(Stored data)
___

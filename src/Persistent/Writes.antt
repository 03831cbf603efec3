-- ===== src/Persistent/Writes.antt =====
-- `upsert` and `delete` of the persistent collection, and what reopening rebuilds after each.
use focal_vector.Base.{
  ℕ, ◌+◌, ◌≤◌, ◌<◌, ◌⊎◌, inl, inr, All, false, ◌≡◌, refl, ap, ◌∙◌, Option, none, some, List, [],
  ◌∷◌, length, map, arith, is_empty, any,
}
use focal_vector.Outcome.{Error, text, io, ok, err, Result-cases}
use focal_vector.Str.{Str}
use focal_vector.Float.{FloatOps}
use focal_vector.Point.{UpsertPoint, StoredPoint}
use focal_vector.Collection.{
  Collection, u64_max, next_sequence, prepare_upsert, apply_prepared_upsert, apply_delete_at,
}
use focal_vector.Codec.Payload.{IsStorable, sent}
use focal_vector.Codec.Decoder.{max_items}
use focal_vector.Codec.Encoder.{encode_upsert, encode_delete}
use focal_vector.Wal.{max_frame_bytes, WriteFault}
use focal_vector.Wal.Applied.{
  AreSettled, IsLoggedUpsert, IsLoggedDelete, apply_payload-encode_upsert,
  apply_payload-encode_delete,
}
use focal_vector.Persistent.{PersistentCollection, ids_of, commit, upsert, delete, check_ids}
use focal_vector.Persistent.Durable.{
  IsDurable, IsTorn, IsUndone, IsCutOff, commit_refused, commit-IsDurable, commit-IsUndone,
}
use focal_vector.Collection.Batch.{
  ArePrepared, none_left, next, prepare_upsert-ok, prepare_each_complete,
}
use focal_vector.Metric.{is_cosine, prepare, length-prepare}
use focal_vector.Point.{CollectionConfig}

module _ (fl : FloatOps) where
  map-sent_ids : (ps : List StoredPoint) → map (λ (p : UpsertPoint). p.id) (map sent ps) ≡ ids_of ps
  map-sent_ids [] = refl
  map-sent_ids (p ∷ ps) = ap (λ ids. p.id ∷ ids) (map-sent_ids ps)

  prepare_settled :
      (config : CollectionConfig) (v out : List ℕ)
      → is_cosine config.metric ≡ false
      → prepare fl config.metric v ≡ ok out
      → prepare fl config.metric out ≡ ok out
  unfolding prepare
  prepare_settled config v out plain h = ground arith

  settled_each :
      (config : CollectionConfig) (n : ℕ) (points : List UpsertPoint) (qs : List StoredPoint)
      → is_cosine config.metric ≡ false
      → ArePrepared fl config n points qs
      → ArePrepared fl config n (map sent qs) qs
  settled_each config n _ _ plain none_left = none_left
  settled_each config n _ _ plain (next {p} {q} {ps} {qs} h r) =
      next
        (record {
          same_id = refl;
          same_metadata = refl;
          at_sequence = h.at_sequence;
          dimension = length-prepare fl config.metric p.vector h.prepared ∙ h.dimension;
          named = ap is_empty h.same_id ∙ h.named;
          prepared = prepare_settled config p.vector q.vector plain h.prepared;
        })
        (settled_each config n ps qs plain r)

  -- What an upsert writes to the log, if the checks of the batch pass: points that the decoder's limits
  -- allow, at a sequence that has room.
  pub record IsWritable (s : PersistentCollection) (points : List UpsertPoint) : Type 0 where
    pub stored : List StoredPoint
    pub payload : List ℕ
    pub prepared : prepare_upsert fl s.inner.config points (s.inner.sequence + 1) ≡ ok stored
    pub room : s.inner.sequence < u64_max
    pub narrow : s.inner.config.dimension ≤ max_items
    pub few : length stored ≤ max_items
    pub some_points : is_empty stored ≡ false
    pub storable : All (IsStorable s.inner.config.dimension) stored
    pub written : encode_upsert (s.inner.sequence + 1) stored ≡ ok payload
    pub small : length payload ≤ max_frame_bytes

  -- Preparing the prepared points again changes nothing: the metric does not scale, or they come out the
  -- same.
  abbrev pub Settles : Collection → List StoredPoint → Type 0
  Settles c ps = (is_cosine c.config.metric ≡ false) ⊎ AreSettled fl c ps

  writable-IsLoggedUpsert :
      (s : PersistentCollection) (points : List UpsertPoint) (w : IsWritable s points)
      → Settles s.inner w.stored
      → IsLoggedUpsert fl s.inner w.stored w.payload
  unfolding prepare_upsert
  writable-IsLoggedUpsert s points w settles = record {
    room = w.room;
    narrow = w.narrow;
    few = w.few;
    some_points = w.some_points;
    storable = w.storable;
    settled = settled settles;
    written = w.written;
    small = omega (arith, w.small);
  }
    where
      settled : Settles s.inner w.stored → AreSettled fl s.inner w.stored
      settled (inr same) = same
      settled (inl plain) =
          settled_each s.inner.config (s.inner.sequence + 1) points w.stored plain
            (prepare_upsert-ok fl s.inner.config (s.inner.sequence + 1) points w.stored w.prepared)

  upsert-commit :
      (fault : Option WriteFault) (s : PersistentCollection) (points : List UpsertPoint)
      (w : IsWritable s points)
      → upsert fl fault s points
        ≡ commit fault s
            (s.inner.sequence + 1)
            w.payload
            (apply_prepared_upsert s.inner w.stored (s.inner.sequence + 1))
            (ids_of w.stored)
  unfolding upsert next_sequence
  upsert-commit fault s points w = ground (arith, w.room, w.prepared, w.written)

  -- An upsert whose batch passes the checks and fits the log within the decoder's limits (a million
  -- points, components or bytes of a text, and 256 MiB), with a metric other than cosine or points that
  -- preparing again leaves as they are, commits at the next sequence, leaves the prepared batch in
  -- memory, and keeps the log such that reopening rebuilds the collection.
  pub upsert-IsDurable :
      (base : Collection) (s : PersistentCollection) (points : List UpsertPoint)
      (w : IsWritable s points)
      → Settles s.inner w.stored
      → IsDurable fl base s
      → (s' : PersistentCollection) × (upsert fl none s points ≡ (s', ok (s.inner.sequence + 1)))
        × (s'.inner ≡ apply_prepared_upsert s.inner w.stored (s.inner.sequence + 1))
        × IsDurable fl base s'
  upsert-IsDurable base s points w settles d =
      let applied =
        apply_payload-encode_upsert fl s.inner w.stored w.payload
          (writable-IsLoggedUpsert s points w settles) in
      let (s', e, f, g) =
        commit-IsDurable fl base s (s.inner.sequence + 1) w.payload _ _ d w.small (
          applied
          ∙ ap (λ ids. ok (apply_prepared_upsert s.inner w.stored (s.inner.sequence + 1), ids))
              (map-sent_ids w.stored)) in
      (s', upsert-commit none s points w ∙ e, f, g)

  -- An upsert whose batch passes the checks and fits the log within the decoder's limits, and whose
  -- write to the log fails, its bytes cut off again, however many, or less than a whole frame, reports
  -- the failure, changes nothing in memory, and reopening gives the collection as it was.
  pub upsert_fault :
      (base : Collection) (s : PersistentCollection) (f : WriteFault) (points : List UpsertPoint)
      (w : IsWritable s points)
      → IsDurable fl base s
      → IsTorn fl f w.payload
      → (s' : PersistentCollection) × (upsert fl (some f) s points
          ≡ (s', err (io (text "write failed"))))
        × IsUndone fl base s s'
  upsert_fault base s f points w d torn =
      let (s', e, u) =
        commit-IsUndone fl base s f (s.inner.sequence + 1) w.payload _ _ d w.small torn in
      (s', upsert-commit (some f) s points w ∙ e, u)

  pub record IsDeletable (s : PersistentCollection) (id : Str) (ids : List Str) : Type 0 where
    pub payload : List ℕ
    pub named : any is_empty (id ∷ ids) ≡ false
    pub loggable : IsLoggedDelete fl s.inner id ids payload
    pub small : length payload ≤ max_frame_bytes

  delete-commit :
      (s : PersistentCollection) (id : Str) (ids : List Str) (w : IsDeletable s id ids)
      → delete none s (id ∷ ids)
        ≡ commit none s
            (s.inner.sequence + 1)
            w.payload
            (apply_delete_at s.inner (id ∷ ids) (s.inner.sequence + 1))
            (id ∷ ids)
  unfolding delete check_ids next_sequence
  delete-commit s id ids w = ground (arith, w.named, w.loggable.room, w.loggable.written)

  -- A deletion of named IDs whose record fits the log commits at the next sequence, removes the points
  -- in memory, and keeps the log such that reopening rebuilds the collection.
  pub delete-IsDurable :
      (base : Collection) (s : PersistentCollection) (id : Str) (ids : List Str)
      → IsDeletable s id ids
      → IsDurable fl base s
      → (s' : PersistentCollection) × (delete none s (id ∷ ids) ≡ (s', ok (s.inner.sequence + 1)))
        × (s'.inner ≡ apply_delete_at s.inner (id ∷ ids) (s.inner.sequence + 1))
        × IsDurable fl base s'
  delete-IsDurable base s id ids w d =
      let applied = apply_payload-encode_delete fl s.inner id ids w.payload w.loggable in
      let (s', e, f, g) =
        commit-IsDurable fl base s (s.inner.sequence + 1) w.payload _ (id ∷ ids) d w.small
          applied in
      (s', delete-commit s id ids w ∙ e, f, g)

  -- A refused or failed write, its bytes cut off again, changes nothing.
  pub upsert_refused :
      (fault : Option WriteFault) (s s' : PersistentCollection) (points : List UpsertPoint)
      (e : Error)
      → IsCutOff fault
      → upsert fl fault s points ≡ (s', err e)
      → s' ≡ s
  unfolding upsert
  upsert_refused fault s s' points e cut h = elim (Result-cases (next_sequence s.inner)) [
    | inr (x, f) ↦ let bad = rw (f, upsert) at h in cc
    | inl (n, f) ↦ elim (Result-cases (prepare_upsert fl s.inner.config points n)) [
      | inr (x, g) ↦ let bad = rw (f, upsert, g) at h in cc
      | inl (qs, g) ↦ elim (Result-cases (encode_upsert n qs)) [
        | inr (x, k) ↦ let bad = rw (f, upsert, g, k) at h in cc
        | inl (payload, k) ↦
            let good = rw (f, upsert, g, k) at h in
            commit_refused fault s s' n payload _ _ e cut good
      ]
    ]
  ]

  pub delete_refused :
      (fault : Option WriteFault) (s s' : PersistentCollection) (ids : List Str) (e : Error)
      → IsCutOff fault
      → delete fault s ids ≡ (s', err e)
      → s' ≡ s
  unfolding delete
  delete_refused fault s s' ids e cut h = elim (Result-cases (check_ids ids)) [
    | inr (x, f) ↦ let bad = rw (f, delete) at h in cc
    | inl (u, f) ↦ elim (Result-cases (next_sequence s.inner)) [
      | inr (x, g) ↦ let bad = rw (f, delete, g) at h in cc
      | inl (n, g) ↦ elim (Result-cases (encode_delete n ids)) [
        | inr (x, k) ↦ let bad = rw (f, delete, g, k) at h in cc
        | inl (payload, k) ↦
            let good = rw (f, delete, g, k) at h in
            commit_refused fault s s' n payload _ _ e cut good
      ]
    ]
  ]

  -- With the dot product or the Euclidean metric, preparing prepared points again, as recovery does,
  -- gives the same points.
  pub prepare_upsert_settled :
      (config : CollectionConfig) (points : List UpsertPoint) (n : ℕ) (qs : List StoredPoint)
      → is_cosine config.metric ≡ false
      → prepare_upsert fl config points n ≡ ok qs
      → prepare_upsert fl config (map sent qs) n ≡ ok qs
  unfolding prepare_upsert
  prepare_upsert_settled config points n qs plain h = ground (
    arith,
    prepare_each_complete fl config n (map sent qs) qs
        (settled_each config n points qs plain (prepare_upsert-ok fl config n points qs h)),
  )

___

▸ **EXERCISE DETAILS**
The required answer is each line of the data in which the word "such" appears.

▸ **TASK RESPONSE**
  -- memory, and keeps the log such that reopening rebuilds the collection.
  -- in memory, and keeps the log such that reopening rebuilds the collection.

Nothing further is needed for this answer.